Segment Start: Source records
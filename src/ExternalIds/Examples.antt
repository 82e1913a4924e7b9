-- ===== src/ExternalIds/Examples.antt =====
-- Runs on maps whose keys are numbers, kept as lists of entries.
use milli.Base.{
  ℕ, ◌^◌, ◌<◌, ◌||◌, sym, subst, Bool, true, false, List, [], ◌∷◌, ◌++◌, Option, none, some, length,
  ltb, ◌==◌, ==_iff, if◌then◌else◌, ◌≡◌, refl, arith, All, Bool-cases, inl, inr, ◌∙◌,
}
use milli.Base.Results.{ok}
use milli.Bitmap.Numbers.{
  sort, dedup, elem, IsSorted, elem-dedup-sort, dedup-sort-IsSorted, elem-append,
}
use milli.ExternalIds.Fst.{FstLib, IsFst, IndexedValue, Indexed, lookup, IsIncreasing}
use milli.ExternalIds.{ExternalDocumentsIds, or_else, get, delete_ids, insert_ids}
use milli.ExternalIds.Updates.{
  IsValid, Fits, Allowed, current, without, get-delete_ids, get-insert_ids,
}

find : ℕ → List (ℕ × ℕ) → Option ℕ
find k [] = none
find k ((j, v) ∷ more) = if k == j then some v else find k more

keys : List (ℕ × ℕ) → List ℕ
keys [] = []
keys ((j, v) ∷ more) = j ∷ keys more

indexed : Option ℕ → Option ℕ → List IndexedValue
indexed none none = []
indexed (some u) none = record { index = 0; value = u } ∷ []
indexed none (some v) = record { index = 1; value = v } ∷ []
indexed (some u) (some v) = record { index = 0; value = u } ∷ record { index = 1; value = v } ∷ []

united : List (ℕ × ℕ) → List (ℕ × ℕ) → List ℕ → List (ℕ × List IndexedValue)
unfolding find indexed
united a b [] = []
united a b (k ∷ ks) = (k, indexed (find k a) (find k b)) ∷ united a b ks

abbrev sample : FstLib
sample = record {
  Key = ℕ;
  key_eq = λ j k. j == k;
  key_lt = ltb;
  Map = List (ℕ × ℕ);
  default = [];
  get = find;
  len = length;
  is_empty = λ m. elim m [ [] ↦ true | e ∷ rest ↦ false ];
  union = λ a b. united a b (dedup (sort (keys a ++ keys b)));
  build = λ entries. some entries;
}

united-IsIncreasing :
    (a b : List (ℕ × ℕ)) (ks : List ℕ) → IsSorted ks → IsIncreasing sample (united a b ks)
unfolding united
united-IsIncreasing a b [] s = tt
united-IsIncreasing a b (k ∷ ks) s = (above ks s.0, united-IsIncreasing a b ks s.1)
  where
    above : (js : List ℕ) → All (λ m. k < m) js → All (λ e. ltb k e.0 ≡ true) (united a b js)
    above [] h = tt
    above (j ∷ js) h = (ground arith, above js h.1)

find-keys : (k : ℕ) (a : List (ℕ × ℕ)) → elem k (keys a) ≡ false → find k a ≡ none
unfolding find keys
find-keys k [] e = refl
find-keys k ((j, v) ∷ more) e = ground (arith, find-keys k more)

keys-empty : (m : List (ℕ × ℕ)) → ((k : ℕ) → find k m ≡ none) → sample.is_empty m ≡ true
unfolding find
keys-empty [] h = refl
keys-empty ((j, v) ∷ more) h = ground (arith, h j)

keys-find : (k : ℕ) (a : List (ℕ × ℕ)) → find k a ≡ none → elem k (keys a) ≡ false
unfolding find keys
keys-find k [] e = refl
keys-find k ((j, v) ∷ more) e = ground (arith, keys-find k more)

lookup-united :
    (a b : List (ℕ × ℕ)) (ks : List ℕ) (k : ℕ)
    → lookup sample k (united a b ks)
      ≡ (if elem k ks then some (indexed (find k a) (find k b)) else none)
unfolding united lookup
lookup-united a b [] k = refl
lookup-united a b (j ∷ js) k = elim (Bool-cases (k == j)) [
  | inl same ↦ let at_j : k ≡ j = (==_iff k j).0 same in rw same (rw at_j refl)
  | inr other ↦ rw other (lookup-united a b js k)
]

-- The values of a key that one of the maps has.
Indexed-indexed :
    (u v : Option ℕ) (held : Bool)
    → ((u ≡ none) → (v ≡ none) → held ≡ false)
    → ((held ≡ false) → (u ≡ none) × (v ≡ none))
    → Indexed u v (if held then some (indexed u v) else none)
unfolding indexed
Indexed-indexed none none held h g = rw (h refl refl) Indexed.neither
Indexed-indexed (some u) none true h g = Indexed.only_first u
Indexed-indexed none (some v) true h g = Indexed.only_second v
Indexed-indexed (some u) (some v) true h g = Indexed.both u v
Indexed-indexed (some u) none false h g = let wrong : some u ≡ none = (g refl).0 in cc
Indexed-indexed none (some v) false h g = let wrong : some v ≡ none = (g refl).1 in cc
Indexed-indexed (some u) (some v) false h g = let wrong : some u ≡ none = (g refl).0 in cc

Indexed-union :
    (a b : List (ℕ × ℕ)) (k : ℕ)
    → Indexed (find k a) (find k b) (lookup sample k (united a b (dedup (sort (keys a ++ keys b)))))
Indexed-union a b k =
    let ks = dedup (sort (keys a ++ keys b)) in
    let held : elem k ks ≡ elem k (keys a) || elem k (keys b) =
      elem-dedup-sort k (keys a ++ keys b) ∙ elem-append k (keys a) (keys b) in
    subst (Indexed (find k a) (find k b)) (sym (lookup-united a b ks k)) (
      Indexed-indexed (find k a) (find k b) (elem k ks)
        (λ e g. ground (arith, keys-find k a e, keys-find k b g))
        (λ e. (find-keys k a (ground arith), find-keys k b (ground arith))))

find-lookup : (entries : List (ℕ × ℕ)) (k : ℕ) → find k entries ≡ lookup sample k entries
unfolding find lookup
find-lookup [] k = refl
find-lookup ((j, v) ∷ more) k = rw (find-lookup more k) refl

sample-IsFst : IsFst sample
unfolding find
sample-IsFst = record {
  key_eq_iff = ==_iff;
  key_lt_irrefl = λ k. ground arith;
  get-default = λ k. refl;
  is_empty_iff = λ m. (empty_find m, keys-empty m);
  union-IsIncreasing = λ a b.
      united-IsIncreasing a b (dedup (sort (keys a ++ keys b)))
        (dedup-sort-IsSorted (keys a ++ keys b));
  lookup-union = Indexed-union;
  get-build = λ entries up. (entries, refl, find-lookup entries);
}
  where
    empty_find : (m : List (ℕ × ℕ)) → sample.is_empty m ≡ true → (k : ℕ) → find k m ≡ none
    empty_find [] e k = refl
    empty_find ((j, v) ∷ more) e k = cc

abbrev ids : ExternalDocumentsIds sample
ids = record { hard = (1, 10) ∷ (2, 20) ∷ (3, 30) ∷ (4, 40) ∷ []; soft = (2, 21) ∷ [] }

abbrev changes : List (ℕ × ℕ)
changes = (2, 5) ∷ (7, 6) ∷ []

ids-IsValid : IsValid sample sample-IsFst ids
unfolding find
ids-IsValid = record {
  hard_fits = λ k. fits k ids.hard (omega arith, (omega arith, (omega arith, (omega arith, tt))));
  soft_allowed = λ k. allowed k ids.soft (omega arith, tt);
}
  where
    fits : (k : ℕ) (m : List (ℕ × ℕ)) → All (λ e. e.1 < 2 ^ 32) m → Fits (find k m)
    fits k [] a = tt
    fits k ((j, v) ∷ more) a = elim (Bool-cases (k == j)) [
      | inl same ↦ rw same a.0
      | inr other ↦ rw other (fits k more a.1)
    ]

    allowed : (k : ℕ) (m : List (ℕ × ℕ)) → All (λ e. e.1 < 2 ^ 32) m → Allowed (find k m)
    allowed k [] a = tt
    allowed k ((j, v) ∷ more) a = elim (Bool-cases (k == j)) [
      | inl same ↦ rw same (inl a.0)
      | inr other ↦ rw other (allowed k more a.1)
    ]

changes_fit : (k : ℕ) → Fits (find k changes)
unfolding find
changes_fit k = elim (Bool-cases (k == 2)) [
  | inl same ↦ rw same (omega arith)
  | inr other ↦ elim (Bool-cases (k == 7)) [
    | inl same ↦ rw (other, same) (omega arith)
    | inr last ↦ rw (other, last) tt
  ]
]

get-delete_ids_example :
    (ids' : ExternalDocumentsIds sample) × (delete_ids sample changes ids ≡ ok ids')
    × IsValid sample sample-IsFst ids'
    × ((k : ℕ)
        → get sample k ids'
          ≡ ok (without sample sample-IsFst (find k changes) (current sample sample-IsFst k ids)))
get-delete_ids_example = get-delete_ids sample sample-IsFst changes ids ids-IsValid

get-insert_ids_example :
    (ids' : ExternalDocumentsIds sample) × (insert_ids sample changes ids ≡ ok ids')
    × IsValid sample sample-IsFst ids'
    × ((k : ℕ)
        → get sample k ids' ≡ ok (or_else (find k changes) (current sample sample-IsFst k ids)))
get-insert_ids_example = get-insert_ids sample sample-IsFst changes ids ids-IsValid changes_fit
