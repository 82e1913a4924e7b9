-- ===== src/Facet.antt =====
-- The levels of facet numbers: the range iterator (milli/src/search/facet/facet_number.rs) and the
-- search of a range through the levels (`explore_facet_number_levels` of
-- milli/src/search/facet/filter.rs). A number is an f64 given by the 64 bits of its globally ordered
-- form, which is how the keys order it, and zero has one sign; what is no finite number is left to
-- Facet/Numbers.antt. The database is
-- given by the entries of each level of one field, in the order of their keys.
pub mod Range
pub mod Explore
pub mod Build
pub mod Numbers
pub mod Evaluate
mod Examples
use milli.Base.{
  ℕ, zero, suc, ◌-◌, ◌^◌, Bool, true, false, ◌&&◌, ◌||◌, List, [], ◌∷◌, Option, none, some, ltb,
  leb, ◌==◌, if◌then◌else◌,
}
use milli.Bitmap.{Roaring}

-- `f64::MIN` and `f64::MAX`.
abbrev pub f64_min : ℕ
f64_min = 2 ^ 52

abbrev pub f64_max : ℕ
f64_max = 2 ^ 64 - 2 ^ 52 - 1

pub data Bound : Type 0 where
  included excluded : ℕ → Bound
  unbounded : Bound

-- A key without its field and level, and its documents. At level 0 both bounds are the value.
pub record Entry (D : Type 0) : Type 0 where
  pub left : ℕ
  pub right : ℕ
  pub docids : D

abbrev pub filter {ℓ} : {A : Type ℓ} → (A → Bool) → List A → List A
filter p [] = []
filter p (x ∷ xs) = if p x then x ∷ filter p xs else filter p xs

abbrev pub take_while {ℓ} : {A : Type ℓ} → (A → Bool) → List A → List A
take_while p [] = []
take_while p (x ∷ xs) = if p x then x ∷ take_while p xs else []

module _ {D : Type 0} where
  -- The order of keys: by both bounds, and at level 0 by the one that is stored.
  unfoldable pub key_leb : ℕ → ℕ → ℕ → Entry D → Bool
  key_leb level l m e =
      if level == 0 then leb l e.left else ltb l e.left || (l == e.left && leb m e.right)

  unfoldable pub key_ltb : ℕ → ℕ → ℕ → Entry D → Bool
  key_ltb level l m e =
      if level == 0 then ltb l e.left else ltb l e.left || (l == e.left && ltb m e.right)

  -- The left bound of the range, as `FacetNumberRange::new` makes it.
  unfoldable pub starts : ℕ → Bound → Entry D → Bool
  unfolding key_leb key_ltb
  starts level (included l) e = key_leb level l f64_min e
  starts level (excluded l) e = key_ltb level l f64_min e
  starts level unbounded e = key_leb level f64_min f64_min e

  -- The right bound of the range, the largest key of the level.
  unfoldable pub ends : ℕ → Entry D → Bool
  ends level e =
      if level == 0
      then leb e.left f64_max
      else ltb e.left f64_max || (e.left == f64_max && leb e.right f64_max)

  -- The test of `FacetNumberRange::next`.
  unfoldable pub must_be_returned : Bound → Entry D → Bool
  must_be_returned (included end) e = leb e.right end
  must_be_returned (excluded end) e = ltb e.right end
  must_be_returned unbounded e = true

  -- All that a `FacetNumberRange` gives.
  unfoldable pub number_range : (ℕ → List (Entry D)) → ℕ → Bound → Bound → List (Entry D)
  unfolding starts ends must_be_returned
  number_range db level left right =
      take_while (must_be_returned right)
        (filter (λ e. starts level left e && ends level e) (db level))

  -- `left_found` and `right_found` after the loop.
  unfoldable pub last_right : Entry D → List (Entry D) → ℕ
  last_right e [] = e.right
  last_right e (f ∷ found) = last_right f found

  unfoldable pub found_bounds : List (Entry D) → Option (ℕ × ℕ)
  unfolding last_right
  found_bounds [] = none
  found_bounds (e ∷ found) = some (e.left, last_right e found)

-- `(Included(l), Included(r)) if l == r`.
unfoldable pub is_exact : Bound → Bound → Bool
is_exact (included l) (included r) = l == r
is_exact _ _ = false

-- The requests that have no result.
unfoldable pub is_void : Bound → Bound → Bool
is_void (included l) (included r) = ltb r l
is_void (included l) (excluded r) = leb r l
is_void (excluded l) (excluded r) = leb r l
is_void (excluded l) (included r) = leb r l
is_void _ _ = false

-- `matches!(bound, Included(b) if b == found)`.
unfoldable pub is_included : Bound → ℕ → Bool
is_included (included b) found = b == found
is_included _ found = false

module _ (r : Roaring) where
  open r use {Bitmap, union}

  -- `*output |= docids` for all that was found.
  unfoldable pub union_all : Bitmap → List (Entry Bitmap) → Bitmap
  union_all output [] = output
  union_all output (e ∷ found) = union_all (union output e.docids) found

  module _ (db : ℕ → List (Entry Bitmap)) where
    unfoldable pub explore_level_zero : Bound → Bound → Bitmap → Bitmap
    unfolding is_void union_all number_range
    explore_level_zero left right output =
        if is_void left right then output else union_all output (number_range db 0 left right)

    -- The refinement on both sides of what was found; `deeper` is the search in the level below.
    unfoldable pub refine_right : (Bound → Bound → Bitmap → Bitmap) → Bound → ℕ → Bitmap → Bitmap
    unfolding is_included
    refine_right deeper right right_found output = elim (is_included right right_found) [
      | true ↦ output
      | false ↦ deeper (excluded right_found) right output
    ]

    unfoldable pub refine_left : (Bound → Bound → Bitmap → Bitmap) → Bound → ℕ → Bitmap → Bitmap
    unfolding is_included
    refine_left deeper left left_found output = elim (is_included left left_found) [
      | true ↦ output
      | false ↦ deeper left (excluded left_found) output
    ]

    unfoldable pub refine :
        (Bound → Bound → Bitmap → Bitmap) → Bound → Bound → Option (ℕ × ℕ) → Bitmap → Bitmap
    unfolding refine_left refine_right
    refine deeper left right none output = deeper left right output
    refine deeper left right (some (left_found, right_found)) output =
        refine_right deeper right right_found (refine_left deeper left left_found output)

    -- `explore_facet_number_levels`.
    unfoldable pub explore : ℕ → Bound → Bound → Bitmap → Bitmap
    unfolding explore_level_zero is_exact is_void union_all number_range found_bounds refine
    explore zero left right output = explore_level_zero left right output
    explore (suc level) left right output = elim (is_exact left right) [
      | true ↦ explore_level_zero left right output
      | false ↦ elim (is_void left right) [
        | true ↦ output
        | false ↦
            let found = number_range db (suc level) left right in
            refine (explore level) left right (found_bounds found) (union_all output found)
      ]
    ]
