-- ===== src/Facet/Build.antt =====
-- The levels of facet numbers are made from level 0 (`compute_facet_number_levels` of
-- milli/src/update/facets.rs). The entries are those that are written for one field, level by level.
pub mod Groups
pub mod Loop
pub mod Index
use milli.Base.{
  ℕ, zero, suc, ◌+◌, ◌-◌, ◌/◌, ◌%◌, ◌^◌, Bool, true, false, not, List, [], ◌∷◌, length, leb, ◌==◌,
  if◌then◌else◌,
}
use milli.Bitmap.{Roaring}
use milli.Facet.{Entry}

module _ (r : Roaring) where
  open r use {Bitmap, new, len, union}

  abbrev pub number_entry : ℕ → ℕ → Bitmap → Entry Bitmap
  number_entry left right group_docids = record {
    left = left;
    right = right;
    docids = group_docids;
  }

  -- The loop over the entries of level 0, from index `i` on.
  unfoldable pub write_groups : ℕ → ℕ → ℕ → ℕ → Bitmap → List (Entry Bitmap) → List (Entry Bitmap)
  write_groups group_size i left right group_docids [] =
      if len group_docids == 0 then [] else number_entry left right group_docids ∷ []
  write_groups group_size i left right group_docids (z ∷ zs) = elim (i == 0) [
    | true ↦ write_groups group_size (suc i) z.left z.left (union group_docids z.docids) zs
    | false ↦ elim (i % group_size == 0) [
      | true ↦
          number_entry left right group_docids
          ∷ write_groups group_size (suc i) z.left z.left (union new z.docids) zs
      | false ↦ write_groups group_size (suc i) left z.left (union group_docids z.docids) zs
    ]
  ]

  -- `left` and `right` start as 0.0, whose ordered form has the highest bit only.
  unfoldable pub level_entries : ℕ → List (Entry Bitmap) → List (Entry Bitmap)
  unfolding write_groups
  level_entries group_size level_zero = write_groups group_size 0 (2 ^ 63) (2 ^ 63) new level_zero

  -- `first_level_size / group_size >= min_level_size`, of `take_while`.
  unfoldable pub is_level : ℕ → ℕ → ℕ → ℕ → Bool
  is_level level_group_size min_level_size first_level_size level =
      leb min_level_size (first_level_size / level_group_size ^ level)

  -- How many levels above level 0 are made; a level is a u8.
  unfoldable pub count_levels : ℕ → ℕ → ℕ → ℕ → ℕ → ℕ
  unfolding is_level
  count_levels level_group_size min_level_size first_level_size level zero = 0
  count_levels level_group_size min_level_size first_level_size level (suc rounds) =
      let rest = count_levels level_group_size min_level_size first_level_size (suc level) rounds in
      if is_level level_group_size min_level_size first_level_size level then suc rest else 0

  unfoldable pub highest_level : ℕ → ℕ → List (Entry Bitmap) → ℕ
  unfolding count_levels
  highest_level level_group_size min_level_size level_zero =
      count_levels level_group_size min_level_size (length level_zero) 1 255

  -- The database of the field after the levels are written.
  unfoldable pub compute_facet_number_levels : ℕ → ℕ → List (Entry Bitmap) → ℕ → List (Entry Bitmap)
  unfolding level_entries highest_level
  compute_facet_number_levels level_group_size min_level_size level_zero zero = level_zero
  compute_facet_number_levels level_group_size min_level_size level_zero (suc level) =
      if leb (suc level) (highest_level level_group_size min_level_size level_zero)
      then level_entries (level_group_size ^ suc level) level_zero
      else []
Segment End: Source records
=== Problem requirements ===
Each line in the entries above that includes the string "Type" should be extracted.

=== Answer for this exercise ===
pub data Bound : Type 0 where
pub record Entry (D : Type 0) : Type 0 where
abbrev pub filter {ℓ} : {A : Type ℓ} → (A → Bool) → List A → List A
abbrev pub take_while {ℓ} : {A : Type ℓ} → (A → Bool) → List A → List A
module _ {D : Type 0} where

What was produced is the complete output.